# Error Message: Too many connections



## lindseyschlabac (Oct 26, 2004)

*How can a computer have too many connections*

We have 12 computers running XP PRO here all networked together to a "mock" server. Really all it is is a work station dedicated to storing all our data. The "server" is running Windows 2000 Pro. 

I have had this error pop up sporatically and this morning was again the time.

It said

*An error occured while reconnecting E: to \\Srv1\Esitmates* (THIS IS A File on our "Server")

*Microsoft Windows Network: No more connections can be made to this remore computer at this time because there are already as many connections as the computer can accept.

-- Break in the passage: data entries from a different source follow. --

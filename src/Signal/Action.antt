-- ===== src/Signal/Action.antt =====
-- src/signal.c: the actions for the signals from 0 to `SIGNAL_MAX`.
pub mod Table
use nucleo_tests.Base.{
  ℕ, Bool, true, false, ◌||◌, Option, none, some, get_or, set, bit_and, bit_or, ltb, if◌then◌else◌,
}
use nucleo_tests.Base.Bits.{complement}
use nucleo_tests.Base.Int.{ℤ, pos, negsuc, ltb_ℤ, minus_one}
use nucleo_tests.Signal.State.{Sigaction, Signals, einval, signal_max, sa_restart}

abbrev pub no_action : Sigaction
no_action = record { sa_handler = 0; sa_flags = 0; sa_mask = 0 }

-- `signal_actions[sig]` for a `sig` that was tested.
abbrev pub action_at : Signals → ℤ → Sigaction
action_at s (pos sig) = get_or s.actions sig no_action
action_at s (negsuc _) = no_action

abbrev pub set_action : Signals → ℤ → Sigaction → Signals
set_action s (pos sig) act = record s { actions = set s.actions sig act }
set_action s (negsuc _) act = s

abbrev pub install : Option Sigaction → ℤ → Signals → Signals
install none sig s = s
install (some act) sig s = set_action s sig act

-- What is written to `*oact` comes second, `none` where nothing is.
unfoldable pub sigaction : ℤ → Option Sigaction → Signals → ℤ × Option Sigaction × Signals
sigaction sig act s =
    if ltb_ℤ (pos signal_max) sig || ltb_ℤ sig (pos 0)
    then (minus_one, none, record s { errno = einval })
    else (pos 0, some (action_at s sig), install act sig s)

abbrev pub or_junk : Option Sigaction → Sigaction → Sigaction
or_junk none junk = junk
or_junk (some act) junk = act

-- `junk` is what the local `act` holds where `sigaction` fails.
unfoldable pub siginterrupt : Sigaction → ℤ → Bool → Signals → ℤ × Signals
siginterrupt junk sig flag s =
    let (_, oact, s1) = sigaction sig none s in
    let act = or_junk oact junk in
    let flags =
      if flag
      then bit_and act.sa_flags (complement 32 sa_restart)
      else bit_or act.sa_flags sa_restart in
    let (ret, _, s2) = sigaction sig (some (record act { sa_flags = flags })) s1 in (ret, s2)

-- `sig_ign` is the toolchain's SIG_IGN.
unfoldable pub sigignore : ℕ → Sigaction → ℤ → Signals → ℤ × Signals
sigignore sig_ign junk sig s =
    let (_, oact, s1) = sigaction sig none s in
    let act = or_junk oact junk in
    let (ret, _, s2) = sigaction sig (some (record act { sa_handler = sig_ign })) s1 in (ret, s2)
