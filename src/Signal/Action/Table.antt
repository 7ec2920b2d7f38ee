-- ===== src/Signal/Action/Table.antt =====
-- The table of actions under the operations that change it.
use nucleo_tests.Base.{
  ℕ, ◌+◌, ◌^◌, not, ◌≤◌, ◌<◌, ◌≡◌, ◌∙◌, refl, arith, Bool, true, false, ◌||◌, Option, none, some,
  length, get_or, set, get_or-set_self, get_or-set_ne, subst, Bool-cases, inl, inr, if◌then◌else◌,
  ◌==◌, List, bit_and, bit_or,
}
use nucleo_tests.Base.Bits.{
  complement, test_bit, test_bit-bit_and, test_bit-bit_or, test_bit-complement, test_bit-two_pow,
}
use nucleo_tests.Base.Int.{ℤ, pos, ltb_ℤ, minus_one}
use nucleo_tests.Signal.State.{Sigaction, Signals, einval, signal_max, sa_restart}
use nucleo_tests.Signal.Action.{sigaction, action_at, siginterrupt, sigignore, no_action}

get_or-set :
    {A : Type 0} (xs : List A) (i j : ℕ) (v d : A)
    → i < length xs
    → get_or (set xs i v) j d ≡ (if i == j then v else get_or xs j d)
get_or-set xs i j v d h = elim (Bool-cases (i == j)) [
  | inl same ↦
      let e : i ≡ j = ground (arith, same) in
      rw same (subst (λ k. get_or (set xs i v) k d ≡ v) e (get_or-set_self xs i v d h))
  | inr other ↦ rw other (get_or-set_ne xs i j v d (ground (arith, other)))
]

in_table :
    (sig : ℕ)
    → sig ≤ signal_max
    → (ltb_ℤ (pos signal_max) (pos sig) || ltb_ℤ (pos sig) (pos 0)) ≡ false
in_table sig h = ground arith

-- For a signal from 0 to `SIGNAL_MAX`, `sigaction` returns 0 with the old action, and afterwards
-- the table holds the new one there and is otherwise as before.
pub sigaction_installs :
    (sig j : ℕ) (act : Sigaction) (s : Signals)
    → length s.actions ≡ signal_max + 1
    → sig ≤ signal_max
    → let (ret, oact, s') = sigaction (pos sig) (some act) s in
      (ret ≡ pos 0)
      × (oact ≡ some (action_at s (pos sig)))
      × (action_at s' (pos j) ≡ (if sig == j then act else action_at s (pos j)))
unfolding sigaction
sigaction_installs sig j act s len h =
    rw (in_table sig h) (refl, refl, get_or-set s.actions sig j act no_action (omega arith))

-- For any other number it returns -1 with `EINVAL` and leaves the table.
pub sigaction_refuses :
    (sig : ℤ) (act : Option Sigaction) (s : Signals)
    → (ltb_ℤ (pos signal_max) sig || ltb_ℤ sig (pos 0)) ≡ true
    → sigaction sig act s ≡ (minus_one, none, record s { errno = einval })
unfolding sigaction
sigaction_refuses sig act s h = rw h

restart_flag :
    (flag : Bool) (flags k : ℕ)
    → k < 32
    → test_bit
        (if flag then bit_and flags (complement 32 sa_restart) else bit_or flags sa_restart)
        k
      ≡ (if k == 3 then not flag else test_bit flags k)
restart_flag true flags k h =
    test_bit-bit_and k flags (complement 32 sa_restart)
    ∙ ground (arith, test_bit-complement 32 k (2 ^ 3) h (omega arith), test_bit-two_pow 3 k)
restart_flag false flags k h =
    test_bit-bit_or k flags sa_restart ∙ ground (arith, test_bit-two_pow 3 k)

-- `siginterrupt` sets or clears the flag `SA_RESTART` of one action, and keeps its handler and its
-- other flags; `sigignore` replaces its handler and keeps its flags.
pub siginterrupt_sigignore_lem :
    (sig k sig_ign : ℕ) (flag : Bool) (junk : Sigaction) (s : Signals)
    → length s.actions ≡ signal_max + 1
    → sig ≤ signal_max
    → k < 32
    → let before = action_at s (pos sig) in
      let (r, s1) = siginterrupt junk (pos sig) flag s in
      let (r', s2) = sigignore sig_ign junk (pos sig) s in
      (r ≡ pos 0)
      × ((action_at s1 (pos sig)).sa_handler ≡ before.sa_handler)
      × (test_bit (action_at s1 (pos sig)).sa_flags k
          ≡ (if k == 3 then not flag else test_bit before.sa_flags k))
      × (r' ≡ pos 0)
      × (action_at s2 (pos sig) ≡ record before { sa_handler = sig_ign })
unfolding siginterrupt sigignore sigaction
siginterrupt_sigignore_lem sig k sig_ign flag junk s len h hk =
    let inside : sig < length s.actions = omega (arith, len) in
    rw (in_table sig h, get_or-set_self s.actions sig _ no_action inside)
      (
        refl,
        refl,
        restart_flag flag (action_at s (pos sig)).sa_flags k hk,
        refl,
        get_or-set_self s.actions sig _ no_action inside,
      )
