-- ===== src/Signal/Sets.antt =====
-- src/signal.c: `sigset_t`, a word with a bit for each signal from 1 on.
-- `wild_shift` is what `1 << (sig - 1)` gives where C leaves it undefined, as a word.
pub mod Laws
use nucleo_tests.Base.{
  ℕ, zero, suc, ◌+◌, ◌-◌, ◌^◌, Bool, true, false, not, bit_and, bit_or, ◌==◌, ltb, if◌then◌else◌,
}
use nucleo_tests.Base.Bits.{complement}
use nucleo_tests.Base.Int.{ℤ, pos, negsuc}

module _ (wild_shift : ℤ → ℕ) where
  unfoldable pub sigmask : ℤ → ℕ
  sigmask (pos zero) = wild_shift (pos 0)
  sigmask (pos (suc n)) = if ltb n 32 then 2 ^ n else wild_shift (pos (suc n))
  sigmask (negsuc n) = wild_shift (negsuc n)

  -- The value returned is read as a truth value by every caller.
  unfoldable pub sigismember : ℕ → ℤ → Bool
  unfolding sigmask
  sigismember set sig = not (bit_and set (sigmask sig) == 0)

  unfoldable pub sigaddset : ℕ → ℤ → ℕ
  unfolding sigmask
  sigaddset set sig = bit_or set (sigmask sig)

  unfoldable pub sigdelset : ℕ → ℤ → ℕ
  unfolding sigmask
  sigdelset set sig = bit_and set (complement 32 (sigmask sig))

abbrev pub sigemptyset : ℕ
sigemptyset = 0

abbrev pub sigfillset : ℕ
sigfillset = 2 ^ 32 - 1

This connection has not been restored.*

1. How can there be too many connections with a mere 12 computers

2. Is there a place where one can limit the amount of connections.

3. What I did to resolve the problem was restart the computer. When it restarted the same error message came up. Then I went into microsoft word to paste a copy of the error message, I wanted to save the word.doc on the server so I could view it from my computer so I went to my mapped network drive without thinking that I wasn't able to access my network but funny I was able to access it. So I saved the .doc and immediatly went to my computer where I discovered all my mapped drives were now able to be accessed.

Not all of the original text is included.